Fleshgod Apocalypse exists for a variety of reasons. One, this Italian metal act remains one of the most popular acts in the very niche genre of symphonic death. Two, Fleshgod Apocalypse serves as a constant reminder that Italy has more metal acts than just Rhapsody of Fire. Three, this band has been created to confuse people that think classical music and metal have anything to do with each other even more. No, Vivaldi was not metal before metal existed. Put down the vaporizer and look into my eyes.

Since 2009, Fleshgod Apocalypse has made an impressive impression upon the metal landscape with their near unique brand of calligraphic death metal. Imagine if every other death metal was chicken scratch written with crayon on a table cloth and Fleshgod Apocalypse was flourished script in fine ink on artisan parchment. That is right, elegant, fancy, and just as hard to read. Though their 2009 release, Oracles, was a success it was not until their 2010 release Agony with the music video for “The Forsaking” that the proverbial party got into full swing. At this moment in our timeline, the party has kicked into its peak and guests are starting to throw things through the windows.

Labyrinth is the third proper full length album from Fleshgod Apocalypse and follows the band’s obsession with themes and concepts. While Agony had a very nice naming convention with their songs, Labyrinth pulls out all the stops and presents a record about the Greek maze myth. Yes, this the Labyrinth at Knossos where the myth with the Minotaur originated. Yes, there will be horns at one point in this record. Yes, we are all wearing togas. It is this dedication to concept that makes Fleshgod Apocalypse somewhat charming as well as somewhat convoluted.

Labyrinth follows in the tradition of Agony by filling the space with as many things as it can, all at once. While the choir sings in the front, I want the string section in the back and the three other types of vocals over here, and right in the center I want the relentless drums. Upon initial listening, the whole formula feels flushed with seemingly needless material. True, I guess this whole complexity sort of fits into the maze concept but my head is starting to swirl. Labyrinth lacks the clarity heard in Agony and that seems to be one of the largest criticisms attached to this record. The music literally assaults the listener with clubs and does not stop until they have finished. At times, I was ready to give up on Fleshgod Apocalypse, and the possibly of symphonic death, then I sort of got it.

I did not “get” Labyrinth until the very end, particularity with everything that came after midway through the record. From the very excellent “Fall of Asterion,” to the piano closer, which also serves as the title track, the back half of Labyrinth offers much more reasonable compositions than whatever dominates the front. The frenetic technical style that is rooted in the band’s history is exquisite in “Under Black Sails” and the assault and quiet template works with the combination of “Prologue” and “Epilogue.” It is not until the second half that clarity, in which things make sense, really puts the first half in context. If you can, listen to this record backwards.

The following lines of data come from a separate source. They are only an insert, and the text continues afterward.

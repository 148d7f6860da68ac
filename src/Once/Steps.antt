-- ===== src/Once/Steps.antt =====
-- What each step of `dispatch_once_f` (src/once.c) does to the word and to the other calls.
use swift_corelibs_libdispat.Common.{
  ℕ, ◌+◌, ◌/◌, ◌%◌, ◌^◌, ◌≤◌, ◌<◌, ◌≡◌, ◌≢◌, ◌⊎◌, inl, inr, refl, subst, arith, true, false, ◌==◌,
  List, total, ℕ_discrete,
}
use swift_corelibs_libdispat.Common.Bits.{set_bit}
use swift_corelibs_libdispat.Once.{
  once_done, Pc, idle, entering, running, broadcasting, waiting, at_futex, asleep, returned, Next,
  next, wake_all, step, once_wait, once_gate_broadcast, gate_broadcast_slow, Call, starts,
}
use swift_corelibs_libdispat.Once.Places.{
  At, AllFit, runner, sleeps, wakes_up, Phase, AllFit-idle, AllFit-all, At-enter, At-done, IsHeld,
  At-wait,
}

-- A step of one call, where `n` runs have started, and `r`, `s` and `b` of the other calls run the
-- function, sleep and are to wake the sleepers: what it does to the invariant.
module _ (v n self r s b : ℕ) where
  pub record Change (v' : ℕ) (p' : Pc) : Type 0 where
    pub phase : Phase v' (n + starts p') (r + starts p')
    pub at : At v' self p'
    pub others : (cs : List Call) → total runner cs ≤ r → AllFit v cs → AllFit v' cs
    pub wakes : (v' ≢ once_done) ⊎ (s + sleeps p' ≡ 0) ⊎ (0 < b + wakes_up p')

  -- Waking the sleepers.
  pub record Woken (p' : Pc) : Type 0 where
    pub phase : Phase v n (r + starts p')
    pub at : At v self p'
    pub awake : sleeps p' ≡ 0

  abbrev pub Outcome : Next → Type 0
  Outcome (next v' p') = Change v' p'
  Outcome (wake_all p') = Woken p'
  Outcome _ = Unit

  Phase-same : (k : ℕ) → k ≡ 0 → Phase v n r → Phase v (n + k) (r + k)
  Phase-same k z f =
      let e : n + k ≡ n = omega arith in let d : r + k ≡ r = omega arith in rw (e, d) f

  stay :
      (p' : Pc)
      → Phase v n r
      → starts p' ≡ 0
      → At v self p'
      → (v ≢ once_done) ⊎ (s + sleeps p' ≡ 0) ⊎ (0 < b + wakes_up p')
      → Change v p'
  stay p' f z a u = record {
    phase = Phase-same (starts p') z f;
    at = a;
    others = λ cs q fit. fit;
    wakes = u;
  }

  enter : 0 < self → self < 2 ^ 30 → Phase v n r → v ≡ 0 → Change self running
  enter p q f z = record {
    phase = inr (inl (omega arith, omega arith, omega arith, omega arith, omega arith));
    at = inl refl;
    others = λ cs few fit.
        AllFit-idle v self
          (λ c fits none_runs. (
            fits.0,
            fits.1,
            At-enter self c.self c.pc fits.0 (subst (λ (k : ℕ). At k c.self c.pc) z fits.2)
                none_runs,
          ))
          cs (omega arith) fit;
    wakes = inl (omega arith);
  }

  finish :
      (p' : Pc)
      → Phase v n (r + 1)
      → starts p' ≡ 0
      → At once_done self p'
      → (s + sleeps p' ≡ 0) ⊎ (0 < b + wakes_up p')
      → Change once_done p'
  finish p' f z a u = record {
    phase = inr (inr (refl, omega arith, omega arith));
    at = a;
    others = λ cs few fit.
        AllFit-idle v once_done
          (λ c fits none_runs. (fits.0, fits.1, At-done v c.self c.pc fits.2 none_runs)) cs
          (omega arith) fit;
    wakes = inr u;
  }

  mark :
      (p' : Pc)
      → IsHeld v
      → Phase v n r
      → starts p' ≡ 0
      → At (set_bit 31 v) self p'
      → Change (set_bit 31 v) p'
  mark p' i f z a = record {
    phase = inr (inl (omega arith, omega arith, omega arith, omega arith, omega arith));
    at = a;
    others = λ cs few fit.
        AllFit-all v (set_bit 31 v)
          (λ c fits. (fits.0, fits.1, At-wait v c.self c.pc i fits.1 fits.2)) cs fit;
    wakes = inl (omega arith);
  }

  keep_wakes : (v ≢ once_done) ⊎ (s ≡ 0) ⊎ (0 < b) → (v ≢ once_done) ⊎ (s + 0 ≡ 0) ⊎ (0 < b + 0)
  keep_wakes (inl h) = inl h
  keep_wakes (inr (inl h)) = inr (inl (omega arith))
  keep_wakes (inr (inr h)) = inr (inr (omega arith))

  test_eq : (x y : ℕ) → x ≡ y → (x == y) ≡ true
  test_eq x y e = ground arith

  test_ne : (x y : ℕ) → x ≢ y → (x == y) ≡ false
  test_ne x y e = ground arith

  step-idle : Phase v n r → (v ≢ once_done) ⊎ (s ≡ 0) ⊎ (0 < b) → Outcome (step self v idle)
  unfolding step
  step-idle f u = elim (ℕ_discrete v once_done) [
    | yes e ↦ rw (test_eq v once_done e) (stay returned f refl e (keep_wakes u))
    | no e ↦ rw (test_ne v once_done e) (stay entering f refl tt (inl e))
  ]

  step-entering :
      0 < self
      → self < 2 ^ 30
      → Phase v n r
      → (v ≢ once_done) ⊎ (s ≡ 0) ⊎ (0 < b)
      → Outcome (step self v entering)
  unfolding step
  step-entering p q f u = elim (ℕ_discrete v 0) [
    | yes e ↦ rw (test_eq v 0 e) (enter p q f e)
    | no e ↦ rw (test_ne v 0 e) (stay waiting f refl (omega arith) (keep_wakes u))
  ]

  step-running :
      0 < self
      → self < 2 ^ 30
      → Phase v n (r + 1)
      → At v self running
      → (v / 2 ^ 31 % 2 ≡ 0 → s ≡ 0)
      → Outcome (step self v running)
  unfolding step once_gate_broadcast
  step-running p q f a none_sleep = elim (ℕ_discrete (v % 2 ^ 32) self) [
    | yes e ↦
        rw (test_eq (v % 2 ^ 32) self e)
          (finish returned f refl refl (inl (omega (arith, none_sleep (omega arith)))))
    | no e ↦
        rw (test_ne (v % 2 ^ 32) self e)
          (finish (broadcasting v) f refl (refl, omega arith) (inr (omega arith)))
  ]

  step-broadcasting :
      (cur : ℕ)
      → self < 2 ^ 30
      → Phase v n r
      → At v self (broadcasting cur)
      → Outcome (step self v (broadcasting cur))
  unfolding step gate_broadcast_slow
  step-broadcasting cur q f a =
      rw (test_eq (cur / 1 % 2 ^ 30) (self / 1 % 2 ^ 30) (omega arith))
        (record { phase = let e : r + 0 ≡ r = omega arith in rw e f; at = a.0; awake = refl })

  step-waiting :
      self < 2 ^ 30
      → Phase v n r
      → At v self waiting
      → (v ≢ once_done) ⊎ (s ≡ 0) ⊎ (0 < b)
      → Outcome (step self v waiting)
  unfolding step once_wait
  step-waiting q f a u = elim (ℕ_discrete v once_done) [
    | yes e ↦ rw (test_eq v once_done e) (stay returned f refl e (keep_wakes u))
    | no e ↦ elim (ℕ_discrete (v / 1 % 2 ^ 30) (self / 1 % 2 ^ 30)) [
      | yes i ↦ rw (test_ne v once_done e, test_eq (v / 1 % 2 ^ 30) (self / 1 % 2 ^ 30) i) tt
      | no i ↦
          rw (test_ne v once_done e, test_ne (v / 1 % 2 ^ 30) (self / 1 % 2 ^ 30) i)
            (mark (at_futex (set_bit 31 v)) (omega arith, omega arith, omega arith) f refl
              (omega arith, omega arith))
    ]
  ]

  step-at_futex :
      (w : ℕ)
      → Phase v n r
      → At v self (at_futex w)
      → (v ≢ once_done) ⊎ (s ≡ 0) ⊎ (0 < b)
      → Outcome (step self v (at_futex w))
  unfolding step
  step-at_futex w f a u = elim (ℕ_discrete (v % 2 ^ 32) (w % 2 ^ 32)) [
    | yes e ↦
        rw (test_eq (v % 2 ^ 32) (w % 2 ^ 32) e)
          (stay asleep f refl (omega arith) (inl (omega arith)))
    | no e ↦ rw (test_ne (v % 2 ^ 32) (w % 2 ^ 32) e) (stay waiting f refl a.0 (keep_wakes u))
  ]

  step-asleep :
      Phase v n r
      → At v self asleep
      → (v ≢ once_done) ⊎ (s + 1 ≡ 0) ⊎ (0 < b + 0)
      → Outcome (step self v asleep)
  unfolding step
  step-asleep f a (inl h) = stay waiting f refl (omega arith) (inl h)
  step-asleep f a (inr (inl h)) = absurd (omega arith)
  step-asleep f a (inr (inr h)) = stay waiting f refl (omega arith) (inr (inr h))

  step-returned : Outcome (step self v returned)
  unfolding step
  step-returned = tt

  less : Phase v n (r + 0) → Phase v n r
  less f = let e : r + 0 ≡ r = omega arith in rw⁻¹ e f

  lose : (v ≢ once_done) ⊎ (s + 0 ≡ 0) ⊎ (0 < b + 0) → (v ≢ once_done) ⊎ (s ≡ 0) ⊎ (0 < b)
  lose (inl h) = inl h
  lose (inr (inl h)) = inr (inl (omega arith))
  lose (inr (inr h)) = inr (inr (omega arith))

  pub step-Outcome :
      (p : Pc)
      → 0 < self
      → self < 2 ^ 30
      → Phase v n (r + starts p)
      → At v self p
      → (v / 2 ^ 31 % 2 ≡ 0 → s ≡ 0)
      → (v ≢ once_done) ⊎ (s + sleeps p ≡ 0) ⊎ (0 < b + wakes_up p)
      → Outcome (step self v p)
  step-Outcome idle p q f a z u = step-idle (less f) (lose u)
  step-Outcome entering p q f a z u = step-entering p q (less f) (lose u)
  step-Outcome running p q f a z u = step-running p q f a z
  step-Outcome (broadcasting cur) p q f a z u = step-broadcasting cur q (less f) a
  step-Outcome waiting p q f a z u = step-waiting q (less f) a (lose u)
  step-Outcome (at_futex w) p q f a z u = step-at_futex w (less f) a (lose u)
  step-Outcome asleep p q f a z u = step-asleep (less f) a u
  step-Outcome returned p q f a z u = step-returned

Fleshgod Apocalypse has a style that works very well. Not wanting to subtly dance around anything, the band is very good as unleashing everything at once. Some of the first half material, especially “Elegy,” is a blinding whirlwind of drums, operatic screams, and growling vocals. It works very well. Though I may be blurry eyed afterwards and slightly nauseous, the template of “pull all of the levers at once” is effective when reasoned and processed correctly. Though everything may just sound like needless noise at the beginning, there is structure in it, and with some exceptions and the right type of umbrella, it all works sort of well with each other.

Labyrinth has its successes, though it lacks the immediate surprise that hallmarked Agony. There are few that will be surprised who have heard Fleshgod Apocalypse before. With that being said, Labyrinth is a decent enough record for the Fall. Despite the first half being an avalanche and some chunky guitar riffs in “Minotaur,” the record matures with time and finishes stronger than it began. Hell, even writing this review I started to enjoy it more. I mean, I need to take some Ibuprofen right now but I am still enjoying myself. Just give me a moment, I just need to lay down in this quiet room for a bit.